Sternlieb showed the slideshow from the BID’s 2028 presentation, as he spoke about the upcoming Latham apartments at 3000 M St., NW, future retail at 3220 Prospect St., NW, in the parking lot space and the Four Seasons condos in the reconstructed West Heating Plant on 29th Street, NW. He even mentioned that PNC Bank had pondered developing part of its bank parking lot at Wisconsin and M.

The residents of Georgetown cannot support the total retail sales for the commercial space that makes up the town, Sternlieb said. In statistical terms: the U.S. has 53 square feet of retail per capita; D.C., 34; Georgetown, 227. “You guys have to spend a lot more money,” he said. Lanier interjected that Georgetown residents do not frequent enough businesses.

While the population of Washington, D.C., has rebounded, the amount of D.C. neighborhoods that have added retail, such as restaurants and clothing stores, has likewise increased — something on the scale of six or seven in the 1990s to today’s 20 neighborhoods with a significant commercial section.
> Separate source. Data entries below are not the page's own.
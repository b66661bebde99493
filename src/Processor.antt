-- ===== src/Processor.antt =====
-- The processor cycle's own steps, of `processor_main` in src/stream_web/processor.py, one
-- module for each.
mod Tests
pub mod Drops
pub mod Dedup
pub mod History
pub mod Entries
pub mod Cycle
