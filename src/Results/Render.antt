-- ===== src/Results/Render.antt =====
-- The renderer processes' loop bodies: `td_renderer_main` of src/stream_web/td_renderer.py and
-- `spectrum_renderer_main` of src/stream_web/spectrum_renderer.py. The drawing itself is a
-- parameter: each call gives its picture or the message of the exception it raises.
use sdr_docker.Base.{ℕ, ◌≡◌, refl, Option, none, some, List, [], ◌∷◌, ◌++◌}
use sdr_docker.Results.{Carried, Result, State, drain, merge_entries, or_old_bytes}

pub data Drawn {ℓ} (A : Type ℓ) : Type ℓ where
  drawn : A → Drawn A
  raised : List ℕ → Drawn A

-- "Render error: "
abbrev pub render_error : List ℕ
render_error = 82 ∷ 101 ∷ 110 ∷ 100 ∷ 101 ∷ 114 ∷ 32 ∷ 101 ∷ 114 ∷ 114 ∷ 111 ∷ 114 ∷ 58 ∷ 32 ∷ []

-- `zoom or None`
abbrev pub or_none : Drawn (List ℕ) → Option (List ℕ)
or_none (drawn []) = none
or_none (drawn (b ∷ bs)) = some (b ∷ bs)
or_none (raised e) = none

module _ (c : Carried) where
  open c use {Info, Segment}

  abbrev pub blank : Result c
  blank = record {
    img = none;
    detections = none;
    decode_entries = none;
    stats = none;
    chipset_stats = none;
    td_img = none;
    td_zoom_img = none;
    td_status = none;
    td_decode_info = none;
    td_iq_segment = none;
  }

  -- What a time-domain job sends back: the plot comes with the decode information it is shown with.
  unfoldable pub td_render : Drawn (List ℕ × Info) → Drawn (List ℕ) → Segment → Result c
  td_render (drawn (img, info)) zoom seg = record blank {
    td_img = some img;
    td_decode_info = some info;
    td_iq_segment = some seg;
    td_zoom_img = or_none zoom;
  }
  td_render (raised e) zoom seg = record blank {
    td_status = some (render_error ++ e);
    td_zoom_img = or_none zoom;
  }

  unfoldable pub spectrum_render : Drawn (List ℕ) → Result c
  spectrum_render (drawn img) = record blank { img = some img }
  spectrum_render (raised e) = blank

  -- After a failed plot is drained, the status names the error, and the plot, the decode
  -- information, the IQ segment, the display image and the packet feed are what they were; an
  -- empty or failed zoom leaves the zoom image too.
  pub drain-td_render_raised :
      (e : List ℕ) (zoom : Drawn (List ℕ)) (seg : Segment) (s : State c)
      → or_none zoom ≡ none
      → drain c (td_render (raised e) zoom seg) s ≡ record s { td_status = render_error ++ e }
  unfolding td_render drain merge_entries
  drain-td_render_raised e zoom seg s h = rw (h) refl

  -- A drained spectrum replaces the display image when it was drawn and is not empty, and in every
  -- other case changes nothing.
  pub drain-spectrum_render :
      (d : Drawn (List ℕ)) (s : State c)
      → drain c (spectrum_render d) s
        ≡ record s { latest_img = or_old_bytes c (or_none d) s.latest_img }
  unfolding spectrum_render drain merge_entries
  drain-spectrum_render (drawn []) s = refl
  drain-spectrum_render (drawn (b ∷ bs)) s = refl
  drain-spectrum_render (raised e) s = refl
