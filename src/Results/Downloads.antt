-- ===== src/Results/Downloads.antt =====
-- What the web page gets of a capture: `/api/td_iq`, `/api/td_info` and `/spectrogram.jpg` of
-- src/stream_web/app.py, after what the worker processes posted. A reply is its status and its body.
use sdr_docker.Base.{ℕ, ◌≡◌, refl, ◌∙◌, Option, none, some, List, [], ◌∷◌, map}
use sdr_docker.Results.{Carried, Result, State, add_entries, drain, poll_packets, take_feed, reset}
use sdr_docker.Results.Feed.{Event, drains, injects, polls, resets, step, run}
use sdr_docker.Results.Render.{Drawn, drawn, raised, td_render, spectrum_render}

module _ (c : Carried) where
  open c use {Entry, Info, Segment}

  unfoldable pub api_td_iq : State c → ℕ × Option Segment
  api_td_iq s = elim s.td_iq_segment [ none ↦ (404, none) | some seg ↦ (200, some seg) ]

  unfoldable pub api_td_info : State c → ℕ × Option Info
  api_td_info s = elim s.td_decode_info [ none ↦ (404, none) | some info ↦ (200, some info) ]

  pub spectrogram_jpg : State c → ℕ × List ℕ
  spectrogram_jpg s = elim s.latest_img [ [] ↦ (204, []) | b ∷ bs ↦ (200, b ∷ bs) ]

  -- What the workers post: the processor nothing of a capture, the renderers what they drew.
  pub data Posted : Type 0 where
    by_processor : Result c → Posted
    by_td_renderer : Drawn (List ℕ × Info) → Drawn (List ℕ) → Segment → Posted
    by_spectrum_renderer : Drawn (List ℕ) → Posted

  pub posted : Posted → Result c
  posted (by_processor r) = record r {
    td_img = none;
    td_zoom_img = none;
    td_decode_info = none;
    td_iq_segment = none;
  }
  posted (by_td_renderer plot zoom seg) = td_render c plot zoom seg
  posted (by_spectrum_renderer img) = spectrum_render c img

  pub data Happening : Type 0 where
    posts : Posted → Happening
    adds : List Entry → Happening
    asks_packets asks_reset : Happening

  pub event_of : Happening → Event c
  unfolding posted
  event_of (posts p) = drains (posted p)
  event_of (adds es) = injects es
  event_of asks_packets = polls
  event_of asks_reset = resets

  -- A capture: its plot, its decode information and its samples.
  abbrev pub Shot : Type 0
  Shot = List ℕ × Info × Segment

  -- The newest capture whose plot was drawn, after an earlier one or none.
  abbrev pub newest : Option Shot → List Happening → Option Shot
  newest o [] = o
  newest o (posts (by_td_renderer (drawn (img, info)) zoom seg) ∷ hs) =
      newest (some (img, info, seg)) hs
  newest o (_ ∷ hs) = newest o hs

  -- All that is shown of a capture is of this one.
  abbrev pub Shows : State c → Option Shot → Type 0
  Shows s none = (api_td_iq s ≡ (404, none)) × (api_td_info s ≡ (404, none))
  Shows s (some (img, info, seg)) =
      (api_td_iq s ≡ (200, some seg)) × (api_td_info s ≡ (200, some info)) × (s.td_latest_img ≡ img)

  -- What a capture's download, its information and its plot are read from.
  record SameCapture (s s' : State c) : Type 0 where
    segment : s'.td_iq_segment ≡ s.td_iq_segment
    info : s'.td_decode_info ≡ s.td_decode_info
    plot : s'.td_latest_img ≡ s.td_latest_img

  SameCapture-Shows : (s s' : State c) (o : Option Shot) → SameCapture s s' → Shows s o → Shows s' o
  unfolding api_td_iq api_td_info
  SameCapture-Shows s s' none k h = (rw (k.segment) h.0, rw (k.info) h.1)
  SameCapture-Shows s s' (some shot) k (h1, h2, h3) =
      (rw (k.segment) h1, rw (k.info) h2, k.plot ∙ h3)

  -- The state after a happening.
  abbrev pub after : Happening → State c → State c
  after h s = (step c (event_of h) s).1

  kept :
      (h : Happening) (s : State c) (o : Option Shot)
      → (after h s).td_iq_segment ≡ s.td_iq_segment
      → (after h s).td_decode_info ≡ s.td_decode_info
      → (after h s).td_latest_img ≡ s.td_latest_img
      → Shows s o
      → Shows (after h s) o
  kept h s o a b d = SameCapture-Shows s (after h s) o (record { segment = a; info = b; plot = d })

  -- Only a plot that is drawn changes what is shown of a capture.
  step-Shows :
      (h : Happening) (s : State c) (o : Option Shot)
      → Shows s o
      → Shows (after h s) (newest o (h ∷ []))
  unfolding event_of posted step drain td_render spectrum_render poll_packets take_feed reset
      add_entries api_td_iq api_td_info
  step-Shows (posts (by_td_renderer (drawn (img, info)) zoom seg)) s o k = (refl, refl, refl)
  step-Shows (posts (by_td_renderer (raised e) zoom seg)) s o k =
      kept (posts (by_td_renderer (raised e) zoom seg)) s o refl refl refl k
  step-Shows (posts (by_processor r)) s o k = kept (posts (by_processor r)) s o refl refl refl k
  step-Shows (posts (by_spectrum_renderer (drawn img))) s o k =
      kept (posts (by_spectrum_renderer (drawn img))) s o refl refl refl k
  step-Shows (posts (by_spectrum_renderer (raised e))) s o k =
      kept (posts (by_spectrum_renderer (raised e))) s o refl refl refl k
  step-Shows (adds es) s o k = kept (adds es) s o refl refl refl k
  step-Shows asks_packets s o k = kept asks_packets s o refl refl refl k
  step-Shows asks_reset s o k = kept asks_reset s o refl refl refl k

  newest-cons :
      (o : Option Shot) (h : Happening) (hs : List Happening)
      → newest o (h ∷ hs) ≡ newest (newest o (h ∷ [])) hs
  newest-cons o (posts (by_processor r)) hs = refl
  newest-cons o (posts (by_td_renderer (drawn (img, info)) zoom seg)) hs = refl
  newest-cons o (posts (by_td_renderer (raised e) zoom seg)) hs = refl
  newest-cons o (posts (by_spectrum_renderer img)) hs = refl
  newest-cons o (adds es) hs = refl
  newest-cons o asks_packets hs = refl
  newest-cons o asks_reset hs = refl

  -- Whatever the workers post, the mock injector adds and clients ask for, the two downloads and the
  -- time-domain plot belong to one and the same capture, the newest whose plot was drawn; while there
  -- is none, both downloads are answered with the status 404.
  pub run-Shows :
      (hs : List Happening) (s : State c) (o : Option Shot)
      → Shows s o
      → Shows (run c (map event_of hs) s).1 (newest o hs)
  unfolding run
  run-Shows [] s o k = k
  run-Shows (h ∷ hs) s o k =
      rw (newest-cons o h hs) (run-Shows hs (after h s) (newest o (h ∷ [])) (step-Shows h s o k))
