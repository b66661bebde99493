-- ===== src/Results/Tests.antt =====
-- Runs of the packet feed of src/stream_web/app.py and of the render loops.
use sdr_docker.Base.{ℕ, ◌≡◌, refl, map, true, none, some, List, [], ◌∷◌, ◌++◌, arith, ltb}
use sdr_docker.Results.{Carried, State}
use sdr_docker.Results.Feed.{Event, drains, injects, polls, resets, run, run-delivers}
use sdr_docker.Results.Render.{blank, drawn, raised}
use sdr_docker.Results.Downloads.{
  Happening, posts, asks_reset, by_processor, by_td_renderer, event_of, newest, Shows, run-Shows,
  api_td_iq, api_td_info,
}

abbrev numbers : Carried
numbers = record {
  Entry = ℕ;
  Detection = ℕ;
  Stats = ℕ;
  ChipsetStats = ℕ;
  Info = ℕ;
  Segment = List ℕ;
  has_chipsets = λ n. true;
  no_chipsets = 0;
  zero_stats = λ n. 0;
  encodes = λ n. ltb n 256;
}

abbrev before : State numbers
before = record {
  latest_img = 255 ∷ [];
  latest_detections = [];
  decode_results = [];
  packet_feed = 1 ∷ [];
  decode_stats = 4;
  chipset_stats = 0;
  td_latest_img = 9 ∷ [];
  td_zoom_latest_img = 8 ∷ [];
  td_status = [];
  td_decode_info = none;
  td_iq_segment = none;
}

-- Two entries decoded, one injected, a poll, a reset and one more entry.
abbrev events : List (Event numbers)
events =
    drains (record (blank numbers) { decode_entries = some (2 ∷ 3 ∷ []) })
    ∷ injects (4 ∷ [])
    ∷ polls
    ∷ resets
    ∷ injects (5 ∷ [])
    ∷ []

run-delivers_example :
    (run numbers events before).0 ++ (run numbers events before).1.packet_feed
    ≡ 1 ∷ 2 ∷ 3 ∷ 4 ∷ 5 ∷ []
run-delivers_example =
    run-delivers numbers events before (omega arith, (omega arith, (omega arith, tt))) (refl, tt)
      (refl, (refl, (refl, (refl, tt))))

-- A capture that is drawn, a reset, one that is not, and a cycle of the processor.
abbrev happenings : List (Happening numbers)
happenings =
    posts (by_td_renderer (drawn (7 ∷ [], 3)) (drawn []) (1 ∷ 2 ∷ []))
    ∷ asks_reset
    ∷ posts (by_td_renderer (raised []) (drawn (6 ∷ [])) (5 ∷ []))
    ∷ posts (by_processor (blank numbers))
    ∷ []

run-Shows_example :
    Shows numbers
      (run numbers (map (event_of numbers) happenings) before).1
      (newest numbers none happenings)
unfolding api_td_iq api_td_info
run-Shows_example = run-Shows numbers happenings before none (refl, refl)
The new mix of residents, commuters and tourists puts pressure on Georgetown to keep the sales registers humming. “We need a new crowd every day,” Sternlieb said. One point of good news for Georgetown was that it has the lowest office vacancy in D.C.

Sternlieb also cited the low percentages for Georgetown on restaurants and liquor licenses as compared to other D.C. neighborhoods. In Adams Morgan, for example, businesses with liquor licenses are 60 percent of those in the neighborhood, while in Georgetown that same percentile is 14. Of the two stars given by the Washington Post to D.C. restaurants, Georgetown has the lowest percentile of all other neighborhoods: 12 percent of its restaurants got two stars from the Post. This low percentage of liquor licenses to overall businesses was seen by the two speakers as a threat to the retail district.

“We are losing our restaurant community,” Sternlieb said. “Georgetown used to be date night.”

Sternlieb brought up several highly publicized ideas to stay competitive: more liquor licenses should be issued; temporary sidewalk widening of M Street on the weekends; a street car along K Street from Union Station to Georgetown University; a gondola aerial lift above the Potomac from Rosslyn to Georgetown; a large bookstore (if the residents could help with some kind of loan-lease agreement), such as Politics & Prose; maintenance of the C&O Canal and a new canal boat; lastly — and literally lastly — one or two Metrorail stations, which are part of the Metro 2040 Plan (a more or less $3-billion price tag for the aging system).

Lanier noted that foreign investment plays a large role in Georgetown. “We must be commercially viable before we become extinct,” he said.